> [Action item]: Go through the entries below from the first line and output each one exactly, up to and including the line with "abbrev slow : PathView ℕ".

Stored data
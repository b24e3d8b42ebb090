-- ===== src/Sched/Tests.antt =====
-- Concrete paths for the four schedulers: core/sched. Floats are thousandths.
use bondify.Common.{ℕ, ◌≡◌, sym, ap, ◌∙◌, refl, some, List, [], ◌∷◌, arith, inl, inr, subst}
use bondify.Common.Float.{thousandths}
use bondify.Common.Int.{pos}
use bondify.Sched.{PathView, active, degraded, bond, next}
use bondify.Sched.Fairness.{Picked, Served, next-Picked, no_starvation}
use bondify.Sched.Ties.{Among, Shrinks, InLimits}
use bondify.Sched.MinRtt.{min_rtt_next, Fast, min_rtt_next-Fast}
use bondify.Sched.Goodput.{Weighed, weighted_next, weighted_next-Weighed}
use bondify.Sched.HolAware.{new_hol_aware, hol_next}
use bondify.Sched.HolAware.Strictness.{InBounds, Scaling, hol_next-InBounds}
use bondify.Sched.HolAware.Choice.{Chosen, DistinctIds, hol_next-Chosen}

-- A fast path that is full, a slow one with room, and one that is degraded.
abbrev fast : PathView ℕ
fast = record {
  id = 0;
  state = active;
  role = bond;
  in_flight = pos 100;
  cwnd = pos 100;
  rtt_min = pos 15_000_000;
  goodput = 5000;
}

abbrev slow : PathView ℕ
slow = record {
  id = 1;
  state = active;
  role = bond;
  in_flight = pos 0;
  cwnd = pos 100;
  rtt_min = pos 200_000_000;
  goodput = 2000;
}

abbrev down : PathView ℕ
down = record {
  id = 2;
  state = degraded;
  role = bond;
  in_flight = pos 0;
  cwnd = pos 100;
  rtt_min = pos 0;
  goodput = 0;
}

abbrev paths : List (PathView ℕ)
paths = fast ∷ slow ∷ down ∷ []

next-Picked_example : Picked 2 paths (next 2 paths).0 (next 2 paths).1
next-Picked_example = next-Picked 2 paths (omega arith)

no_starvation_example : Served 1 2 (paths ∷ paths ∷ paths ∷ [])
no_starvation_example =
    no_starvation 1 3 2 (paths ∷ paths ∷ paths ∷ [])
      ((refl, refl), ((refl, refl), ((refl, refl), tt))) (omega arith) (omega arith) (omega arith)

weighted_next-Weighed_example : Weighed thousandths paths (weighted_next thousandths [] paths).0
weighted_next-Weighed_example = weighted_next-Weighed thousandths [] paths

shrinks : Shrinks thousandths
shrinks n = omega arith

limits : (p : PathView ℕ) → Among p paths → InLimits thousandths p
limits p (inl e) = subst (InLimits thousandths) e (inr (15_000_000, refl, omega arith))
limits p (inr (inl e)) = subst (InLimits thousandths) e (inr (200_000_000, refl, omega arith))
limits p (inr (inr (inl e))) = subst (InLimits thousandths) e (inl refl)
limits p (inr (inr (inr e))) = elim e [ ]

min_rtt_next-Fast_example :
    (p : PathView ℕ) × ((min_rtt_next thousandths 0 paths).0 ≡ some p) × Fast thousandths paths p
min_rtt_next-Fast_example =
    min_rtt_next-Fast thousandths 0 paths slow shrinks limits
      ((inr (inl refl), refl, refl), λ h. omega arith)

start_bounds : InBounds thousandths (new_hol_aware thousandths)
start_bounds = (refl, refl)

scaling : Scaling thousandths
scaling = record {
  shrinks = λ h b. ground arith;
  grows = λ h b. ground arith;
  irreflexive = λ x. ground arith;
  apart = refl;
}

hol_next-InBounds_example :
    InBounds thousandths (hol_next thousandths (new_hol_aware thousandths) paths).1
hol_next-InBounds_example =
    hol_next-InBounds thousandths (new_hol_aware thousandths) paths scaling start_bounds

abbrev path_id : PathView ℕ → ℕ
path_id p = p.id

distinct : DistinctIds thousandths paths
distinct p q (inl a) (inl b) e = sym a ∙ b
distinct p q (inl a) (inr (inl b)) e =
    absurd (let i = ap path_id a in let j = ap path_id b in omega arith)
distinct p q (inl a) (inr (inr (inl b))) e =
    absurd (let i = ap path_id a in let j = ap path_id b in omega arith)
distinct p q (inl a) (inr (inr (inr b))) e = elim b [ ]
distinct p q (inr (inl a)) (inl b) e =
    absurd (let i = ap path_id a in let j = ap path_id b in omega arith)
distinct p q (inr (inl a)) (inr (inl b)) e = sym a ∙ b
distinct p q (inr (inl a)) (inr (inr (inl b))) e =
    absurd (let i = ap path_id a in let j = ap path_id b in omega arith)
distinct p q (inr (inl a)) (inr (inr (inr b))) e = elim b [ ]
distinct p q (inr (inr (inl a))) (inl b) e =
    absurd (let i = ap path_id a in let j = ap path_id b in omega arith)
distinct p q (inr (inr (inl a))) (inr (inl b)) e =
    absurd (let i = ap path_id a in let j = ap path_id b in omega arith)
distinct p q (inr (inr (inl a))) (inr (inr (inl b))) e = sym a ∙ b
distinct p q (inr (inr (inl a))) (inr (inr (inr b))) e = elim b [ ]
distinct p q (inr (inr (inr a))) b e = elim a [ ]

hol_next-Chosen_example :
    Chosen thousandths
      (new_hol_aware thousandths)
      paths
      (hol_next thousandths (new_hol_aware thousandths) paths).0
      (hol_next thousandths (new_hol_aware thousandths) paths).1
hol_next-Chosen_example = hol_next-Chosen thousandths (new_hol_aware thousandths) paths distinct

> [Response area]:
repository b24e3d8b42ebb090
-- ===== src/Sched/Tests.antt =====
-- Concrete paths for the four schedulers: core/sched. Floats are thousandths.
use bondify.Common.{ℕ, ◌≡◌, sym, ap, ◌∙◌, refl, some, List, [], ◌∷◌, arith, inl, inr, subst}
use bondify.Common.Float.{thousandths}
use bondify.Common.Int.{pos}
use bondify.Sched.{PathView, active, degraded, bond, next}
use bondify.Sched.Fairness.{Picked, Served, next-Picked, no_starvation}
use bondify.Sched.Ties.{Among, Shrinks, InLimits}
use bondify.Sched.MinRtt.{min_rtt_next, Fast, min_rtt_next-Fast}
use bondify.Sched.Goodput.{Weighed, weighted_next, weighted_next-Weighed}
use bondify.Sched.HolAware.{new_hol_aware, hol_next}
use bondify.Sched.HolAware.Strictness.{InBounds, Scaling, hol_next-InBounds}
use bondify.Sched.HolAware.Choice.{Chosen, DistinctIds, hol_next-Chosen}

-- A fast path that is full, a slow one with room, and one that is degraded.
abbrev fast : PathView ℕ
fast = record {
  id = 0;
  state = active;
  role = bond;
  in_flight = pos 100;
  cwnd = pos 100;
  rtt_min = pos 15_000_000;
  goodput = 5000;
}

abbrev slow : PathView ℕ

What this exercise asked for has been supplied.